Seul un soutien populaire global et massif peut générer "l’électrochoc" démocratique qui durablement crédibilisera aux yeux de tous l’émergence d’une authentique union de l’Europe, fusionnée aux Européens eux-mêmes..
J’ai souvenance de ces mêmes débats et suppliques dans le désert des années cinquante et soixante, lorsque je publiais les premiers écrits sur le "néologisme politique " de "supranationalité" ! Il s’agissait alors d’anticiper. La supranationalité est devenue vitale aujourd’hui, face à une donne radicalement différente et multipolaire.
Ceux qui critiquent à juste titre les eurocraties opaques doivent enfin se manifester massivement lorsque l’occasion leur en est donnée ; sinon ils se font les fossoyeurs de leurs propres tombes. La bonne volonté et les efforts de dirigeants, aussi motivés fussent-ils, ne suffit pas. Les progrès institutionnels de l’Europe exigent l’abandon des inhibations coupables de l’électorat. Le masochisme politique ne mène qu’à la passivité et à l’aliénation. La démocratie est un processus en continu, elle ne consiste pas à montrer du doigt tous azimuts, durant les "récréations" !

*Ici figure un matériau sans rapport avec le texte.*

-- ===== src/Cache/Middleware/Batched.antt =====
-- internal/cache/batch.go: a batch touches the cache under the keys of the request's merchant only, and
-- leaves only elements of the answer in it.
use smart_proxy.Cache.Middleware.Single.{Mine, Succeeds, IsElement, by_code, by_status}
use mathlib.Core.List.{Memᴰ}
use mathlib.Core.Bool.{false≢true}
use smart_proxy.Base.{
  ℕ, ◌≡◌, refl, ◌⊎◌, inl, inr, true, not, ◌||◌, List, [], ◌∷◌, ◌++◌, arith, ◌==◌, nat_eq, text_eq,
  text_beq_iff, Bool-cases, Option-cases, All, every, some, ◌∙◌, ap,
}
use smart_proxy.Base.Text.{Text, text}
use smart_proxy.Cache.Http.{HttpRequest, CacheConfig, Outside}
use smart_proxy.Cache.Memory.{MemoryCache, CachedResponse}
use smart_proxy.Cache.Tiers.{TierConfig}
use smart_proxy.Cache.Serve.{pass, is_success}
use smart_proxy.Cache.Batch.{
  BatchEndpointConfig, BatchBodyFormat, batch_format_wrapped, batch_format_bare, extract_key,
  lookup_batch_config,
}
use smart_proxy.Cache.Batch.Elements.{
  ElementEntry, handle_batch_cache, serve_elements, forward_batch, cache_response_elements,
  cache_elements, cache_element, lookup_elements, parse_batch_elements,
  parse_batch_response_elements, assemble_batch_response, is_success_element, is_cached,
}
use smart_proxy.Cache.Middleware.Own.{untouched, looked, stored}

module _ (out : Outside) (r : HttpRequest) (later : ℕ) (mc : MemoryCache) where
  -- an entry without a key, or with one of the merchant's
  abbrev IsNamed : ElementEntry → Type 0
  IsNamed entry = (entry.key ≡ []) ⊎ ((rest : Text) × (entry.key ≡ r.merchant_key ++ b':' ∷ rest))

  -- what the code's test of an element lets through
  is_success_element-Succeeds :
      (format : BatchBodyFormat) (elem : Text)
      → is_success_element out.json format elem ≡ true
      → Succeeds out.json format elem
  unfolding is_success_element
  is_success_element-Succeeds batch_format_wrapped elem h =
      elim (Option-cases (out.json.decode_status_code elem)) [
        | inl e ↦ absurd (false≢true (simp (e, is_success_element) at h))
        | inr (code, e) ↦
            let fine : is_success code ≡ true = simp (e, is_success_element) at h in
            by_code code e (ground arith) (ground arith)
      ]
  is_success_element-Succeeds batch_format_bare elem h =
      elim (Option-cases (out.json.decode_status elem)) [
        | inl e ↦ absurd (false≢true (simp (e, is_success_element) at h))
        | inr (status, e) ↦
            let fine : (status == text "Success") ≡ true = simp (e, is_success_element) at h in
            by_status (e ∙ ap some (ground (arith, text_beq_iff status (text "Success"))))
      ]

  -- an element of the answer, which is cached where it reports a success
  abbrev IsPart : BatchBodyFormat → Text → Type 0
  IsPart format elem =
      (resp : CachedResponse)
      → Succeeds out.json format elem
      → out.json.encode_raw elem ≡ some resp.body
      → IsElement out r resp

  cache_element-Own :
      {c : MemoryCache} (format : BatchBodyFormat) (elem : Text) (entry : ElementEntry) (ttl : ℕ)
      → is_success (out.next [] r).status_code ≡ true
      → IsPart format elem
      → IsNamed entry
      → Mine out r later mc c
      → Mine out r later mc (cache_element out.json c format elem entry ttl later r.request_id)
  unfolding cache_element
  cache_element-Own format elem entry ttl fine part named o =
      elim (Bool-cases (entry.key == [] || not (is_success_element out.json format elem))) [
        | inl e ↦ simp (e, cache_element) o
        | inr e ↦
            let succeeds : Succeeds out.json format elem =
              is_success_element-Succeeds format elem (ground arith) in
            elim (Option-cases (out.json.encode_raw elem)) [
              | inl f ↦ simp (e, f, cache_element) o
              | inr (body, f) ↦ elim named [
                | inl unnamed ↦ absurd (ground (arith, text_beq_iff entry.key []))
                | inr (rest, k) ↦
                    simp (e, f, cache_element)
                      (rw k (
                        stored rest _ ttl later (fine, refl, refl, refl, inr (part _ succeeds f))
                          o))
              ]
            ]
      ]

  cache_elements-Own :
      (format : BatchBodyFormat) (elems : List Text) (entries : List ElementEntry) {c : MemoryCache}
      (ttl : ℕ)
      → is_success (out.next [] r).status_code ≡ true
      → ((elem : Text) → Memᴰ elem elems → IsPart format elem)
      → All IsNamed entries
      → Mine out r later mc c
      → Mine out r later mc (cache_elements out.json c format elems entries ttl later r.request_id)
  unfolding cache_elements
  cache_elements-Own format [] entries ttl fine part named o = o
  cache_elements-Own format (elem ∷ elems) [] ttl fine part named o = o
  cache_elements-Own format (elem ∷ elems) (entry ∷ entries) ttl fine part (named, more) o =
      cache_elements-Own format elems entries ttl fine (λ e m. part e (Memᴰ.tail m)) more
        (cache_element-Own format elem entry ttl fine (part elem (Memᴰ.head refl)) named o)

  lookup_elements-Own :
      (bcfg : BatchEndpointConfig) (elems : List Text) {c : MemoryCache} (now : ℕ)
      → Mine out r later mc c
      → Mine out r later mc (lookup_elements out.json c r.merchant_key r.path bcfg elems now).0
        × All IsNamed (lookup_elements out.json c r.merchant_key r.path bcfg elems now).1
  unfolding lookup_elements
  lookup_elements-Own bcfg [] now o = (o, tt)
  lookup_elements-Own bcfg (elem ∷ elems) now o =
      elim (Option-cases (extract_key out.json bcfg.extract_key elem)) [
        | inl e ↦
            let (o', named) = lookup_elements-Own bcfg elems now o in
            simp (e, lookup_elements) (o', (inl refl, named))
        | inr (suffix, e) ↦
            let rest = text "BATCH:" ++ (r.path ++ b':' ∷ suffix) in
            let (o', named) = lookup_elements-Own bcfg elems now (looked rest now o) in
            simp (e, lookup_elements) (o', (inr (rest, refl), named))
      ]

  forward_batch-Own :
      {c : MemoryCache} (entries : List ElementEntry) (bcfg : BatchEndpointConfig)
      (tier : TierConfig) (cfg : CacheConfig)
      → lookup_batch_config r.path ≡ some bcfg
      → All IsNamed entries
      → Mine out r later mc c
      → Mine out r later mc (forward_batch out c r entries bcfg tier cfg later).cache
  unfolding forward_batch cache_response_elements
  forward_batch-Own entries bcfg tier cfg batch named o =
      elim (Bool-cases (is_success (out.next [] r).status_code)) [
        | inr e ↦ simp (e, forward_batch) o
        | inl e ↦
            elim (Option-cases (parse_batch_response_elements out.json (out.next [] r).body bcfg)) [
              | inl f ↦ simp (e, forward_batch, f, cache_response_elements) o
              | inr (elems, f) ↦
                  simp (e, forward_batch, f, cache_response_elements)
                    (cache_elements-Own bcfg.format elems entries _ e
                      (λ elem m resp succeeds encoded. record {
                        bcfg = bcfg;
                        elements = elems;
                        element = elem;
                        batch = batch;
                        parsed = f;
                        member = m;
                        succeeds = succeeds;
                        encoded = encoded;
                      })
                      named o)
            ]
      ]

  serve_elements-Own :
      {c : MemoryCache} (entries : List ElementEntry) (bcfg : BatchEndpointConfig)
      (tier : TierConfig) (cfg : CacheConfig)
      → lookup_batch_config r.path ≡ some bcfg
      → All IsNamed entries
      → Mine out r later mc c
      → Mine out r later mc (serve_elements out c r entries bcfg tier cfg later).cache
  unfolding serve_elements
  serve_elements-Own entries bcfg tier cfg batch named o =
      let forwarded = forward_batch-Own entries bcfg tier cfg batch named o in
      elim (Bool-cases (every is_cached entries)) [
        | inr e ↦ simp (e, serve_elements) forwarded
        | inl e ↦ elim (Option-cases (assemble_batch_response out.json entries bcfg)) [
          | inl f ↦ simp (e, serve_elements, f) forwarded
          | inr (body, f) ↦ simp (e, serve_elements, f) o
        ]
      ]

  pub handle_batch_cache-Own :
      (bcfg : BatchEndpointConfig) (tier : TierConfig) (cfg : CacheConfig) (now : ℕ)
      → lookup_batch_config r.path ≡ some bcfg
      → Mine out r later mc (handle_batch_cache out mc r bcfg tier cfg now later).cache
  unfolding handle_batch_cache pass
  handle_batch_cache-Own bcfg tier cfg now batch = elim (Option-cases r.body) [
    | inl e ↦ simp (e, handle_batch_cache) untouched
    | inr (body, e) ↦ elim (Option-cases (parse_batch_elements out.json body bcfg)) [
      | inl f ↦ simp (e, handle_batch_cache, f) untouched
      | inr ([], f) ↦ simp (e, handle_batch_cache, f) untouched
      | inr (elem ∷ elems, f) ↦
          let (o, named) = lookup_elements-Own bcfg (elem ∷ elems) now untouched in
          simp (e, handle_batch_cache, f) (serve_elements-Own _ bcfg tier cfg batch named o)
    ]
  ]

"Aux urnes citoyens" ! Les tenants du "vas-y à ma place" et du "de toutes façon ça ne sert à rien !" sont les complices de leur propre perte ainsi que de celle de la collectivité européenne qui crie famine pour sa démocratie ainsi anémiée ! Plus qu’à d’autres régions d’Europe et du monde, l’Union européenne nous a donné des atouts d’exemplarité que nous ne saurions mépriser et gâcher ! La liberté n’est jamais théorique, elle est un processus au long cours auquel nous aurons dans quelques jours l’occasion de donner un souffle historique nouveau.
Même une Amérique nouvelle et novatrice ne peut se passer d’ une chambre de résonnance européenne et internationale. Barak Obama, en se rendant à Paris puis au Caire notamment, le sait. Ce tango là se danse à plusieurs couples à l’unisson, si possible ! Or, là aussi les chorégraphies sont encore incertaines, on l’a vu hier à Jérusalem et à Ramallah ; on risque de le voir demain au Caire et à Ryad sur fond de troubles-fêtes à Téhéran à Pyong-Yang ou au Pakistan, un pays dont les ambiguités conjuguées pèsent lourd..

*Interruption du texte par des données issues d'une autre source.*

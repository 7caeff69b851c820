-- ===== src/Cache/Middleware/Owned.antt =====
-- internal/cache/middleware.go and postcache.go: no request touches the cache under other keys than those
-- of its merchant.
use smart_proxy.Cache.Middleware.Single.{Mine, if_rule, invalidate_on_mutation-Own, serve_key-Own}
use smart_proxy.Cache.Middleware.Batched.{handle_batch_cache-Own}
use smart_proxy.Base.{
  ℕ, ◌≡◌, sym, subst, inl, inr, Bool, not, ◌&&◌, some, List, arith, if◌then◌else◌, ◌==◌, nat_eq,
  text_eq, Bool-cases, Option-cases,
}
use smart_proxy.Base.Text.{text}
use smart_proxy.Cache.Http.{HttpRequest, CacheConfig, Served, Outside}
use smart_proxy.Cache.Memory.{MemoryCache}
use smart_proxy.Cache.Invalidation.{invalidate_on_mutation}
use smart_proxy.Cache.Tiers.{TierConfig, TierPattern, classify_tier}
use smart_proxy.Cache.Keys.{generate_cache_key}
use smart_proxy.Cache.Serve.{pass, serve_key}
use smart_proxy.Cache.Post.{handle_post_cache, generate_post_cache_key}
use smart_proxy.Cache.Batch.{lookup_batch_config}
use smart_proxy.Cache.Middleware.{
  get_key, cache_middleware, serve_cacheable, handle_cache_preconditions, is_never,
}
use smart_proxy.Cache.Middleware.Own.{untouched}

module _ (out : Outside) (r : HttpRequest) (later : ℕ) (mc : MemoryCache) where
  handle_post_cache-Own :
      (tier : TierConfig) (cfg : CacheConfig) (now : ℕ)
      → Mine out r later mc (handle_post_cache out mc r tier cfg now later).cache
  unfolding handle_post_cache generate_post_cache_key pass
  handle_post_cache-Own tier cfg now = elim (Option-cases r.body) [
    | inl e ↦ simp (e, handle_post_cache) untouched
    | inr (body, e) ↦ simp (e, handle_post_cache) (serve_key-Own out r later mc _ tier cfg now)
  ]

  serve_cacheable-Own :
      (tier : TierConfig) (cfg : CacheConfig) (now : ℕ)
      → Mine out r later mc (serve_cacheable out mc r tier cfg now later).cache
  unfolding serve_cacheable generate_cache_key
  serve_cacheable-Own tier cfg now =
      let looked_up : Mine out r later mc
          (serve_key out mc (get_key out r) r tier cfg now later).cache =
        serve_key-Own out r later mc _ tier cfg now in
      let single : Mine out r later mc
          (if r.method == text "POST" && tier.post_cacheable
            then handle_post_cache out mc r tier cfg now later
            else serve_key out mc (get_key out r) r tier cfg now later).cache =
        if_rule (λ (s : Served). Mine out r later mc s.cache)
          (r.method == text "POST" && tier.post_cacheable) (handle_post_cache-Own tier cfg now)
          looked_up in
      elim (Bool-cases (r.method == text "POST" && tier.batch_cacheable)) [
        | inr e ↦ simp (e, serve_cacheable) single
        | inl e ↦ elim (Option-cases (lookup_batch_config r.path)) [
          | inl f ↦ simp (e, serve_cacheable, f) single
          | inr (bcfg, f) ↦
              simp (e, serve_cacheable, f)
                (handle_batch_cache-Own out r later mc bcfg tier cfg now f)
        ]
      ]

  handle_cache_preconditions-Own :
      (tier : TierConfig) (cfg : CacheConfig) (served : Served)
      → handle_cache_preconditions out mc r tier cfg ≡ some served
      → Mine out r later mc served.cache
  unfolding handle_cache_preconditions pass
  handle_cache_preconditions-Own tier cfg served h =
      let written = invalidate_on_mutation-Own out r later mc in
      elim (Bool-cases (is_never tier.tier && not tier.pii_excluded)) [
        | inl e ↦
            let kept : MemoryCache =
              if r.method == text "GET"
              then mc
              else invalidate_on_mutation mc r.merchant_key r.method r.path in
            let same : served.cache ≡ kept = ground arith in
            subst (Mine out r later mc) (sym same)
              (if_rule (Mine out r later mc) (r.method == text "GET") untouched written)
        | inr e ↦
            let same : served.cache ≡ mc = ground arith in
            subst (Mine out r later mc) (sym same) untouched
      ]

  -- every request
  pub cache_middleware-Own :
      (tiers : List TierPattern) (cfg : CacheConfig) (pii : Bool) (now : ℕ)
      → Mine out r later mc (cache_middleware out mc tiers cfg r pii now later).cache
  unfolding cache_middleware pass
  cache_middleware-Own tiers cfg pii now =
      let tier = classify_tier tiers r.method r.path pii in
      elim (Bool-cases cfg.enabled) [
        | inr e ↦ simp (e, cache_middleware) untouched
        | inl e ↦ elim (Option-cases (handle_cache_preconditions out mc r tier cfg)) [
          | inl f ↦ simp (e, cache_middleware, f) (serve_cacheable-Own tier cfg now)
          | inr (served, f) ↦
              simp (e, cache_middleware, f) (handle_cache_preconditions-Own tier cfg served f)
        ]
      ]
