-- ===== src/Cache/Middleware/Laws.antt =====
-- The handler of internal/cache/middleware.go with everything below it: single GET and POST queries, batches,
-- writes, and requests that go past the cache.
use smart_proxy.Base.{
  ℕ, ◌+◌, ◌≤◌, ◌≡◌, refl, sym, subst, ◌∙◌, ◌≢◌, ◌⊎◌, inl, inr, Bool, true, false, ◌&&◌, none, some,
  List, [], ◌∷◌, ◌++◌, ◌==◌, nat_eq, text_eq, text_beq, Option-cases,
}
use smart_proxy.Base.Text.{Text, text}
use smart_proxy.Cache.Http.{HttpRequest, CacheConfig, Outside}
use smart_proxy.Cache.Memory.{MemoryCache, CachedResponse, get, set}
use smart_proxy.Cache.Memory.Invariant.{IsConsistent}
use smart_proxy.Cache.Memory.Bounds.{get-set}
use smart_proxy.Cache.Memory.Steps.{get-IsConsistent}
use smart_proxy.Cache.Isolation.{IsMerchant}
use smart_proxy.Cache.Tiers.{TierPattern, classify_tier}
use smart_proxy.Cache.Serve.{
  serve_key, record_and_cache, is_success, ttl_of, serve_cached_response, miss_reply, recorded,
}
use smart_proxy.Cache.Middleware.{
  get_key, cache_middleware, serve_cacheable, handle_cache_preconditions, is_never,
}
use smart_proxy.Cache.Middleware.Own.{Own-IsConsistent, Own_isolates, Own_origin}
use smart_proxy.Cache.Middleware.Owned.{cache_middleware-Own}
use smart_proxy.Cache.Middleware.Single.{Recorded}

module _ (out : Outside) (tiers : List TierPattern) (cfg : CacheConfig) where
  -- Whatever the request and the next handler's answer, the cache's map, recency list and byte count
  -- still agree after it.
  cache_middleware-IsConsistent :
      (mc : MemoryCache) (r : HttpRequest) (pii : Bool) (now later : ℕ)
      → IsConsistent mc
      → IsConsistent (cache_middleware out mc tiers cfg r pii now later).cache
  cache_middleware-IsConsistent mc r pii now later w =
      Own-IsConsistent w (cache_middleware-Own out r later mc tiers cfg pii now)

  -- No merchant can plant an answer for another. After a request of one merchant, of whatever kind, a
  -- read under another's key finds what it found before, or nothing (entries may be evicted). Merchants
  -- are named without a colon or by the hash of a token, and the parts of the cache agree.
  pub cache_middleware_isolates :
      (mc : MemoryCache) (r : HttpRequest) (pii : Bool) (now later clock : ℕ) (n rest : Text)
      → IsConsistent mc
      → IsMerchant r.merchant_key
      → IsMerchant n
      → r.merchant_key ≢ n
      → ((get (cache_middleware out mc tiers cfg r pii now later).cache (n ++ b':' ∷ rest) clock).1
          ≡ none)
        ⊎ ((get
              (cache_middleware out mc tiers cfg r pii now later).cache
              (n ++ b':' ∷ rest)
              clock).1
            ≡ (get mc (n ++ b':' ∷ rest) clock).1)
  cache_middleware_isolates mc r pii now later clock n rest w h k differ =
      Own_isolates rest w h k differ _ clock (cache_middleware-Own out r later mc tiers cfg pii now)

  -- Errors are never cached. What a read finds after a request, in a cache whose parts agree, could be
  -- read before it, or was recorded for this request while the next handler answered it with a status
  -- 2xx, and has a status 2xx itself. Then it is the whole of that answer, or, for a batch, an element
  -- of the answer that reports a success of its own: a status code from 200 to 299 in the wrapped
  -- format, the status Success in the bare one.
  pub cache_middleware_records :
      (mc : MemoryCache) (r : HttpRequest) (pii : Bool) (now later clock : ℕ) (k : Text)
      (resp : CachedResponse)
      → IsConsistent mc
      → (get (cache_middleware out mc tiers cfg r pii now later).cache k clock).1 ≡ some resp
      → ((get mc k clock).1 ≡ some resp) ⊎ Recorded out r later resp
  cache_middleware_records mc r pii now later clock k resp w found =
      Own_origin k w _ clock resp (cache_middleware-Own out r later mc tiers cfg pii now) found

  -- A GET that may be cached: nothing sends it past the cache.
  pub record IsCacheableGet (r : HttpRequest) (pii : Bool) : Type 0 where
    pub enabled : cfg.enabled ≡ true
    pub reading : r.method ≡ text "GET"
    pub tiered : is_never (classify_tier tiers r.method r.path pii).tier ≡ false
    pub open_to_cache :
        (cfg.exclude_pii && (classify_tier tiers r.method r.path pii).pii_excluded) ≡ false
    pub allowed : (r.no_cache == text "true") ≡ false

  -- such a GET is a lookup of its key
  pub cacheable_get :
      (mc : MemoryCache) (r : HttpRequest) (pii : Bool) (now later : ℕ)
      → IsCacheableGet r pii
      → cache_middleware out mc tiers cfg r pii now later
        ≡ serve_key out mc (get_key out r) r (classify_tier tiers r.method r.path pii) cfg now later
  unfolding cache_middleware handle_cache_preconditions serve_cacheable text_beq
  cacheable_get mc r pii now later c =
      let tier = classify_tier tiers r.method r.path pii in
      let posting : (r.method == text "POST") ≡ false =
        subst (λ t. text_beq t (text "POST") ≡ false) (sym c.reading) refl in
      let passed : handle_cache_preconditions out mc r tier cfg ≡ none =
        simp (c.tiered, c.open_to_cache, c.allowed, handle_cache_preconditions) refl in
      let served : serve_cacheable out mc r tier cfg now later
          ≡ serve_key out mc (get_key out r) r tier cfg now later =
        simp (posting, serve_cacheable) refl in
      simp (c.enabled, passed, cache_middleware) served

  -- A cache works. Let a GET that may be cached go to the next handler, and be answered with a status
  -- 2xx. Then the same GET, made again within the time to live, with no other request between, is
  -- answered from the cache with the same status and the same body, and does not go to the next
  -- handler. The parts of the cache agree.
  pub cache_middleware_hit :
      (mc : MemoryCache) (r : HttpRequest) (pii : Bool) (now later again after : ℕ)
      → IsConsistent mc
      → IsCacheableGet r pii
      → (cache_middleware out mc tiers cfg r pii now later).forwarded ≡ true
      → is_success (out.next [] r).status_code ≡ true
      → again ≤ later + ttl_of out r (classify_tier tiers r.method r.path pii) cfg later
      → let first = cache_middleware out mc tiers cfg r pii now later in
        let second = cache_middleware out first.cache tiers cfg r pii again after in
        (second.forwarded ≡ false)
        × (second.reply.status_code ≡ first.reply.status_code)
        × (second.reply.body ≡ first.reply.body)
  unfolding serve_key record_and_cache serve_cached_response miss_reply
  cache_middleware_hit mc r pii now later again after w c missed fine alive =
      let tier = classify_tier tiers r.method r.path pii in
      let key = get_key out r in
      let as_lookup = cacheable_get mc r pii now later c in
      elim (Option-cases (get mc key now).1) [
        | inr (cached, e) ↦
            let kept : (cache_middleware out mc tiers cfg r pii now later).forwarded ≡ false =
              rw (as_lookup, e, serve_key) refl in
            cc
        | inl e ↦
            let looked = (get mc key now).0 in
            let resp = recorded out r tier cfg later in
            let ttl = ttl_of out r tier cfg later in
            let first : cache_middleware out mc tiers cfg r pii now later ≡ record {
              cache = set looked key resp ttl later;
              forwarded = true;
              reply = miss_reply (out.next [] r);
            } =
              as_lookup ∙ simp (e, fine, serve_key, record_and_cache) refl in
            let found : (get (set looked key resp ttl later) key again).1 ≡ some resp =
              get-set looked key resp ttl later again (get-IsConsistent mc key now w) alive in
            rw first (
              rw (cacheable_get (set looked key resp ttl later) r pii again after c)
                (simp (found, serve_key) (refl, refl, refl)))
      ]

Dans un contexte mondialisé, l’émergence d’une nouvelle "internationale" de terroristes et de " trouble-fête" pose un véritable problème de gestion collective !

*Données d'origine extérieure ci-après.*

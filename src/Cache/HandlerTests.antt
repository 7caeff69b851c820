-- ===== src/Cache/HandlerTests.antt =====
-- Runs of internal/cache/middleware.go, and the theorems at concrete inputs.
use smart_proxy.Base.Clean.{lacks}
use smart_proxy.Base.{◌≡◌, refl, ◌∙◌, ◌⊎◌, true, false, none, some, [], arith, text_beq, every}
use smart_proxy.Base.Text.{Text, text, has_prefix}
use smart_proxy.Cache.Http.{Served}
use smart_proxy.Cache.Memory.{MemoryCache, CachedResponse, get, set, new_memory_cache}
use smart_proxy.Cache.Memory.Invariant.{IsConsistent}
use smart_proxy.Cache.Memory.Steps.{get-IsConsistent, new_memory_cache-IsConsistent}
use smart_proxy.Cache.Memory.Bounds.{get-set}
use smart_proxy.Cache.Memory.Spec.{find_entry}
use smart_proxy.Cache.Ttl.{resolve_ttl, relative_ttl}
use smart_proxy.Cache.Isolation.{get-answer, IsMerchant, hashed, named}
use smart_proxy.Cache.Tiers.{classify_get, TierConfig, default_tier_patterns, classify_tier}
use smart_proxy.Cache.Serve.{serve_key, record_and_cache, recorded, miss_reply, ttl_of}
use smart_proxy.Cache.Middleware.{cache_middleware, get_key}
use smart_proxy.Cache.Middleware.Single.{Recorded}
use smart_proxy.Cache.Middleware.Laws.{
  cacheable_get, IsCacheableGet, cache_middleware_isolates, cache_middleware_records,
  cache_middleware_hit,
}
use mathlib.Core.List.{head-eq_of_cons-eq}
use smart_proxy.Cache.Samples.{outside, config, listing}

abbrev empty : MemoryCache
empty = new_memory_cache 1_000

empty-IsConsistent : IsConsistent empty
empty-IsConsistent = new_memory_cache-IsConsistent 1_000

m_IsMerchant : IsMerchant (text "m")
m_IsMerchant =
    named (text "m") (unfold lacks every in refl) (λ same. ground (arith, head-eq_of_cons-eq same))

token_IsMerchant : IsMerchant (text "tokenhash:e3b0")
token_IsMerchant = hashed (text "e3b0") (unfold lacks every in refl)

abbrev after_listing : MemoryCache
after_listing =
    (cache_middleware outside empty default_tier_patterns config listing false 5 7).cache

abbrev other_key : Text
other_key = text "tokenhash:e3b0:GET:/listings/2021-08-01/items/1/S"

cache_middleware_isolates_example :
    ((get after_listing other_key 9).1 ≡ none)
    ⊎ ((get after_listing other_key 9).1 ≡ (get empty other_key 9).1)
cache_middleware_isolates_example =
    cache_middleware_isolates outside default_tier_patterns config empty listing false 5 7 9
      (text "tokenhash:e3b0") (text "GET:/listings/2021-08-01/items/1/S") empty-IsConsistent
      m_IsMerchant token_IsMerchant (λ same. ground (arith, head-eq_of_cons-eq same))

listing-IsCacheableGet : IsCacheableGet outside default_tier_patterns config listing false
unfolding classify_tier classify_get has_prefix text_beq
listing-IsCacheableGet = record {
  enabled = refl;
  reading = refl;
  tiered = refl;
  open_to_cache = refl;
  allowed = refl;
}

abbrev listing_tier : TierConfig
listing_tier = classify_tier default_tier_patterns (text "GET") listing.path false

abbrev listing_key : Text
listing_key = get_key outside listing

abbrev listing_response : CachedResponse
listing_response = recorded outside listing listing_tier config 7

missed : (get empty listing_key 5).1 ≡ none
unfolding new_memory_cache find_entry
missed = get-answer empty listing_key 5 empty-IsConsistent

listing_stored :
    cache_middleware outside empty default_tier_patterns config listing false 5 7 ≡ record {
      cache =
          set
            (get empty listing_key 5).0
            listing_key
            listing_response
            (ttl_of outside listing listing_tier config 7)
            7;
      forwarded = true;
      reply = miss_reply (outside.next [] listing);
    }
unfolding serve_key record_and_cache
listing_stored =
    cacheable_get outside default_tier_patterns config empty listing false 5 7
      listing-IsCacheableGet
    ∙ simp (missed, serve_key, record_and_cache) refl

listing_ttl : ttl_of outside listing listing_tier config 7 ≡ 900_000_000_000
unfolding classify_tier classify_get has_prefix text_beq resolve_ttl relative_ttl
listing_ttl = refl

cache_middleware_records_example :
    ((get empty listing_key 9).1 ≡ some listing_response)
    ⊎ Recorded outside listing 7 listing_response
cache_middleware_records_example =
    cache_middleware_records outside default_tier_patterns config empty listing false 5 7 9
      listing_key listing_response empty-IsConsistent
      (rw listing_stored (
        get-set (get empty listing_key 5).0 listing_key listing_response
          (ttl_of outside listing listing_tier config 7) 7 9
          (get-IsConsistent empty listing_key 5 empty-IsConsistent) (omega (arith, listing_ttl))))

abbrev again : Served
again = cache_middleware outside after_listing default_tier_patterns config listing false 90 91

cache_middleware_hit_example :
    (again.forwarded ≡ false)
    × (again.reply.status_code
        ≡ (cache_middleware outside empty default_tier_patterns config listing false 5
            7).reply.status_code)
    × (again.reply.body
        ≡ (cache_middleware outside empty default_tier_patterns config listing false 5
            7).reply.body)
cache_middleware_hit_example =
    cache_middleware_hit outside default_tier_patterns config empty listing false 5 7 90 91
      empty-IsConsistent listing-IsCacheableGet (rw listing_stored refl) refl
      (omega (arith, listing_ttl))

La mise en forme d’une "partition" internationale faite d’autant de points d’exclamation que d’interrogation n’en facilite ni la lecture ni la compréhension. L’Union européenne doit aujourd’hui pouvoir constituer un corps d’harmonie, sinon fédérateur au niveau international,tout au moins à la fois crédible et audible pour tous. Chacun,dirigeant et citoyen doit y contribuer. L’Europe ne saurait demeurer une sorte de brocante, même de luxe ! Elle ne peut évoluer sans l’écho des peuples souverains ; or il n’est point d’écho dans le silence ou dans le vide des isoloirs. Il n’est pas davantage de souveraineté dans le mutisme et dans la multiplication des torpeurs.